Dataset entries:

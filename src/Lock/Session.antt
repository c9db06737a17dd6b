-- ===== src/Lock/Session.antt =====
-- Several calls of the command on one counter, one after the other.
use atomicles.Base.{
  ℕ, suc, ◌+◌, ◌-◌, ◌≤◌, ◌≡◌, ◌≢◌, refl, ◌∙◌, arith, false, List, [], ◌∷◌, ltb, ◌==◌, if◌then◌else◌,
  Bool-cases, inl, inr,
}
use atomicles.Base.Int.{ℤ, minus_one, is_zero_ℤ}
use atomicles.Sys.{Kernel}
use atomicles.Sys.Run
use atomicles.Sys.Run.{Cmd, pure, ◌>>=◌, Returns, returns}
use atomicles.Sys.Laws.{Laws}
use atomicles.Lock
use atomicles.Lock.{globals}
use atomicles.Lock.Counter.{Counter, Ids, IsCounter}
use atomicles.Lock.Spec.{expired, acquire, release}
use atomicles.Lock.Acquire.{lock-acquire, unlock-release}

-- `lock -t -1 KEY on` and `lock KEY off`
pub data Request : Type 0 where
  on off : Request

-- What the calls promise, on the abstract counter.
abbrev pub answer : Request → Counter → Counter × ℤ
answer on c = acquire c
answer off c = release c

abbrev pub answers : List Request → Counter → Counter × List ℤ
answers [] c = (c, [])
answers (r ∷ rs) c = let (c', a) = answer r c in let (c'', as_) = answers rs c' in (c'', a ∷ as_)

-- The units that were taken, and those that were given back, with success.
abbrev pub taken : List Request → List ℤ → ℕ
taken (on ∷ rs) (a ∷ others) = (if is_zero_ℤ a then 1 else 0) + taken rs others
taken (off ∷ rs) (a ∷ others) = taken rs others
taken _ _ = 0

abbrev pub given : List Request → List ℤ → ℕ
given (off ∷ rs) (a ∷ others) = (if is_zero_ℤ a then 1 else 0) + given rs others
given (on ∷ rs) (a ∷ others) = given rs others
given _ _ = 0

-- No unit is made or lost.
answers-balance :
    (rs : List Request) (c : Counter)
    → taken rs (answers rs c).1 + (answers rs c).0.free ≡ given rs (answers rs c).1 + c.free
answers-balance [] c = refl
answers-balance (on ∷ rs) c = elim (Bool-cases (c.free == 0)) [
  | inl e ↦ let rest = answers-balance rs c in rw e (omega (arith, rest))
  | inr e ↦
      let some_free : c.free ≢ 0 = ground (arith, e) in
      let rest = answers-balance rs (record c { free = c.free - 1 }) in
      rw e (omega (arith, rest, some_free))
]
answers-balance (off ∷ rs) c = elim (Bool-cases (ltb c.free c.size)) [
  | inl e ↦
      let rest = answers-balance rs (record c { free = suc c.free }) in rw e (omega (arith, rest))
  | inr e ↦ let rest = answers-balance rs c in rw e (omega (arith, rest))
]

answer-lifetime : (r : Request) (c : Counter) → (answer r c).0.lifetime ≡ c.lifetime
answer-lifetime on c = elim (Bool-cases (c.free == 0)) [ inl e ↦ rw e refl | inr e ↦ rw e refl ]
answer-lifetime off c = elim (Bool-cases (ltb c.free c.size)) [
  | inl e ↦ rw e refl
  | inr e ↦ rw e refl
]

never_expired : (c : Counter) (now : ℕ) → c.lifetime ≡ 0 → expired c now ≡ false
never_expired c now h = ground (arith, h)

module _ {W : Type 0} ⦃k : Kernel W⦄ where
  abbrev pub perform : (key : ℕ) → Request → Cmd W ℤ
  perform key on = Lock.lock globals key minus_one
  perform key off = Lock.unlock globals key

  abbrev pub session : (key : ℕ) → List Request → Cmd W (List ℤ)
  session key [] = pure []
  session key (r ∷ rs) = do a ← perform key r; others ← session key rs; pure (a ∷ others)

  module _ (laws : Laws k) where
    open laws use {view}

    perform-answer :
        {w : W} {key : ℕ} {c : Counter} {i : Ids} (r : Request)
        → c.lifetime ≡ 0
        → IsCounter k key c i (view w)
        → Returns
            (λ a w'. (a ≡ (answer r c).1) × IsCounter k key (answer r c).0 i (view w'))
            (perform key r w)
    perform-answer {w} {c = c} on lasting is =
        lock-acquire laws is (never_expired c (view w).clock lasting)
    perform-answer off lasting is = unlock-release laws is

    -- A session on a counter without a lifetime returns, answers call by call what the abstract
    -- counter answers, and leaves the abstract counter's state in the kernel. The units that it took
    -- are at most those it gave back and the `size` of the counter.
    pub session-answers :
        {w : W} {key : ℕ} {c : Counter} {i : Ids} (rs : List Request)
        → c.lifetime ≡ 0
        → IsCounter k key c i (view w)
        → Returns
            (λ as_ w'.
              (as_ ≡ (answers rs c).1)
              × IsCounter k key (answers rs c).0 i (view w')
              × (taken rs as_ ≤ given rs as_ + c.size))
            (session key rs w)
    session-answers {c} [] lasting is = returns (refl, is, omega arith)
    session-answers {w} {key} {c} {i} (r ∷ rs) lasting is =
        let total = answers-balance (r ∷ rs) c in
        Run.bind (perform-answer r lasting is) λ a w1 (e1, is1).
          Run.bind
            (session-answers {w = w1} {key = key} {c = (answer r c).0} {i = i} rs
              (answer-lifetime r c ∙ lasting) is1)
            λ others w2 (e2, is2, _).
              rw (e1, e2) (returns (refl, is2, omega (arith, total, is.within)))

> _Work instruction_:
Print every record above. Keep each one exactly as it is.

> _Solution_:
filename src/Lock/Session.antt
repository c9db06737a17dd6b
-- ===== src/Lock/Session.antt =====
-- Several calls of the command on one counter, one after the other.
use atomicles.Base.{
  ℕ, suc, ◌+◌, ◌-◌, ◌≤◌, ◌≡◌, ◌≢◌, refl, ◌∙◌, arith, false, List, [], ◌∷◌, ltb, ◌==◌, if◌then◌else◌,
  Bool-cases, inl, inr,
}
use atomicles.Base.Int.{ℤ, minus_one, is_zero_ℤ}
use atomicles.Sys.{Kernel}
use atomicles.Sys.Run
use atomicles.Sys.Run.{Cmd, pure, ◌>>=◌, Returns, returns}
use atomicles.Sys.Laws.{Laws}
use atomicles.Lock
use atomicles.Lock.{globals}
use atomicles.Lock.Counter.{Counter, Ids, IsCounter}
use atomicles.Lock.Spec.{expired, acquire, release}
use atomicles.Lock.Acquire.{lock-acquire, unlock-release}

-- `lock -t -1 KEY on` and `lock KEY off`
pub data Request : Type 0 where
  on off : Request

-- What the calls promise, on the abstract counter.
abbrev pub answer : Request → Counter → Counter × ℤ
answer on c = acquire c
answer off c = release c

abbrev pub answers : List Request → Counter → Counter × List ℤ
answers [] c = (c, [])
answers (r ∷ rs) c = let (c', a) = answer r c in let (c'', as_) = answers rs c' in (c'', a ∷ as_)

-- The units that were taken, and those that were given back, with success.
abbrev pub taken : List Request → List ℤ → ℕ
taken (on ∷ rs) (a ∷ others) = (if is_zero_ℤ a then 1 else 0) + taken rs others
taken (off ∷ rs) (a ∷ others) = taken rs others
taken _ _ = 0

abbrev pub given : List Request → List ℤ → ℕ
given (off ∷ rs) (a ∷ others) = (if is_zero_ℤ a then 1 else 0) + given rs others
given (on ∷ rs) (a ∷ others) = given rs others
given _ _ = 0

-- No unit is made or lost.
answers-balance :
    (rs : List Request) (c : Counter)
    → taken rs (answers rs c).1 + (answers rs c).0.free ≡ given rs (answers rs c).1 + c.free
answers-balance [] c = refl
answers-balance (on ∷ rs) c = elim (Bool-cases (c.free == 0)) [
  | inl e ↦ let rest = answers-balance rs c in rw e (omega (arith, rest))
  | inr e ↦
      let some_free : c.free ≢ 0 = ground (arith, e) in
      let rest = answers-balance rs (record c { free = c.free - 1 }) in
      rw e (omega (arith, rest, some_free))
]
answers-balance (off ∷ rs) c = elim (Bool-cases (ltb c.free c.size)) [
  | inl e ↦
      let rest = answers-balance rs (record c { free = suc c.free }) in rw e (omega (arith, rest))
  | inr e ↦ let rest = answers-balance rs c in rw e (omega (arith, rest))
]

answer-lifetime : (r : Request) (c : Counter) → (answer r c).0.lifetime ≡ c.lifetime
answer-lifetime on c = elim (Bool-cases (c.free == 0)) [ inl e ↦ rw e refl | inr e ↦ rw e refl ]
answer-lifetime off c = elim (Bool-cases (ltb c.free c.size)) [
  | inl e ↦ rw e refl
  | inr e ↦ rw e refl
]

never_expired : (c : Counter) (now : ℕ) → c.lifetime ≡ 0 → expired c now ≡ false
never_expired c now h = ground (arith, h)

module _ {W : Type 0} ⦃k : Kernel W⦄ where
  abbrev pub perform : (key : ℕ) → Request → Cmd W ℤ
  perform key on = Lock.lock globals key minus_one
  perform key off = Lock.unlock globals key

  abbrev pub session : (key : ℕ) → List Request → Cmd W (List ℤ)
  session key [] = pure []
  session key (r ∷ rs) = do a ← perform key r; others ← session key rs; pure (a ∷ others)

  module _ (laws : Laws k) where
    open laws use {view}

    perform-answer :
        {w : W} {key : ℕ} {c : Counter} {i : Ids} (r : Request)
        → c.lifetime ≡ 0
        → IsCounter k key c i (view w)
        → Returns
            (λ a w'. (a ≡ (answer r c).1) × IsCounter k key (answer r c).0 i (view w'))
            (perform key r w)
    perform-answer {w} {c = c} on lasting is =
        lock-acquire laws is (never_expired c (view w).clock lasting)
    perform-answer off lasting is = unlock-release laws is

    -- A session on a counter without a lifetime returns, answers call by call what the abstract
    -- counter answers, and leaves the abstract counter's state in the kernel. The units that it took
    -- are at most those it gave back and the `size` of the counter.
    pub session-answers :
        {w : W} {key : ℕ} {c : Counter} {i : Ids} (rs : List Request)
        → c.lifetime ≡ 0
        → IsCounter k key c i (view w)
        → Returns
            (λ as_ w'.
              (as_ ≡ (answers rs c).1)
              × IsCounter k key (answers rs c).0 i (view w')
              × (taken rs as_ ≤ given rs as_ + c.size))
            (session key rs w)
    session-answers {c} [] lasting is = returns (refl, is, omega arith)
    session-answers {w} {key} {c} {i} (r ∷ rs) lasting is =
        let total = answers-balance (r ∷ rs) c in
        Run.bind (perform-answer r lasting is) λ a w1 (e1, is1).
          Run.bind
            (session-answers {w = w1} {key = key} {c = (answer r c).0} {i = i} rs
              (answer-lifetime r c ∙ lasting) is1)
            λ others w2 (e2, is2, _).
              rw (e1, e2) (returns (refl, is2, omega (arith, total, is.within)))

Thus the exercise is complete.